Archive for September 19, 2013

Shoot, look who’s the messenger!

September 19, 2013

Pope Francis said in an interview that the Catholic church has been too focused on the issues of abortion, gay marriage and contraception and suggests it find a “new balance” to deliver its message. Would Francis like to come to America and deliver the same message to the Republican party?

A Pennsylvania man was charged with a DUI, on a riding lawn mower. Wonder if their first clue was that he thought he was driving his car?

Japanese baseball commissioner Ryozo Kato resigned over a controversy involving a new home run record. (The league had switched to a livelier baseball.) Meanwhile, of course, Bud Selig has had NOTHING to do with any of MLB’s home run record issues….

(this last item brought to you by the Brooklyn Bridge realty company.)

Apparently one $400 million winning Powerball ticket was sold today in South Carolina. So regarding Miss Carolina’s comment in the Miss America pageant that 20% of her state lives in mobile homes – make that 20% minus 1.

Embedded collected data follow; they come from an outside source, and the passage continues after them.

-- ===== src/Boot/Laws.antt =====
-- Everything from `c_main` of main.c on, with no assumption on what the guest does.
use prephv.Base.{
  ℕ, refl, arith, Bool, Option, none, some, done, ◌>>=◌, ◌>>◌, bug_on, mb, IfDone, IfDone->>=,
  IfDone-bug_on,
}
use prephv.Guest.State.{Guest, the_guest}
use prephv.Guest.Init.{guest_init}
use prephv.Guest.Laws.Invariant.{some_guest}
use prephv.Guest.Laws.Start.{InitOk, guest_init-InitOk}
use prephv.Mmu.Types.{Mmu}
use prephv.Mmu.Slb.{Err, err_none}
use prephv.Rom.Library.{Platform, Fdt}
use prephv.Rom.Call.{RomVm}
use prephv.Rom.Call.Laws.{RomOk}
use prephv.Rom.Init.{rom_init}
use prephv.Rom.Init.Laws.{ReadyOk, rom_init-ReadyOk}
use prephv.Boot.{is_error, uframe, start_guest}

module _ (p : Platform) where
  open p use {hw, fdt}

  after_rom_init :
      (mfmsr : ℕ) (r : Err × RomVm p)
      → ReadyOk p r
      → IfDone (RomOk p) (
          bug_on (is_error r.0)
          >> (the_guest r.1.guest >>= λ g. done (record r.1 { frame = uframe mfmsr g })))
  unfolding the_guest
  after_rom_init mfmsr r ok =
      let (g, is, v) = some_guest r.1.guest ok.0 in
      IfDone-bug_on (RomOk p) (is_error r.0) _ (rw is (v, ok.1))

  after_guest_init :
      (mfmsr : ℕ) (boot_fdt : Fdt) (vm : RomVm p) (r : Err × Option Guest × hw.Slb × Mmu)
      → InitOk hw (mb 32) r
      → IfDone (RomOk p) (
          bug_on (is_error r.0)
          >> (rom_init p boot_fdt (record vm { guest = r.1; slb = r.2; mmu = r.3 }) >>= λ r'.
              bug_on (is_error r'.0)
              >> (the_guest r'.1.guest >>= λ g. done (record r'.1 { frame = uframe mfmsr g }))))
  after_guest_init mfmsr boot_fdt vm (err_none, some g, slb, mmu) ok =
      let vm' = record vm { guest = some g; slb = slb; mmu = mmu } in
      IfDone->>= (ReadyOk p) (RomOk p) (rom_init p boot_fdt vm') _
        (rom_init-ReadyOk p boot_fdt vm' g refl ok.0 (omega arith) (omega arith))
        (after_rom_init mfmsr)
  after_guest_init mfmsr boot_fdt vm (err_none, none, slb, mmu) ok = absurd ok
  after_guest_init mfmsr boot_fdt vm (_, guest, slb, mmu) ok = tt

  -- Whatever the firmware's tree and the disk hold, if the start of the guest comes as far as
  -- entering it, there is a guest whose arrays have their lengths, whose registers have 32 bits and whose IR and DR agree, and
  -- the available ranges are in order and whole pages.
  pub start_guest-RomOk :
      (has_mem : Bool) (ram mfmsr : ℕ) (boot_fdt : Fdt) (vm : RomVm p)
      → IfDone (RomOk p) (start_guest p has_mem ram mfmsr boot_fdt vm)
  unfolding start_guest
  start_guest-RomOk has_mem ram mfmsr boot_fdt vm =
      IfDone->>= (InitOk hw (mb 32)) (RomOk p) (guest_init hw has_mem ram (mb 32) vm.slb vm.mmu) _
        (guest_init-InitOk hw (mb 32) has_mem ram vm.slb vm.mmu)
        (after_guest_init mfmsr boot_fdt vm)
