-- ===== src/Tests.antt =====
-- The tests, and the instances of the parameters that they run on.
pub mod Codec
pub mod Queue
pub mod Policy
pub mod Stores
pub mod Workers
pub mod Tools
pub mod Runs
pub mod Parse
pub mod Process
pub mod Reports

NASA is looking for participants in a test study to help them find out how the human body reacts to 70 days in a bed rest position. The first questions from most potential men volunteers – “Do we get our own remotes, and how many channels?”

Trent Richardson says he’s excited to join the Colts. A much more positive response than “Thank Gawd I am out of Cleveland.”

From T.C.   “As each week passes, we get closer to the day when Johnny Manziel signs his autograph for real money. Too bad it will be on a contract with the Jaguars or Browns.”

Just thinking, if women with PMS or menopause symptoms regularly picked up weapons and went after strangers, we might be having a very different discussion on gun control.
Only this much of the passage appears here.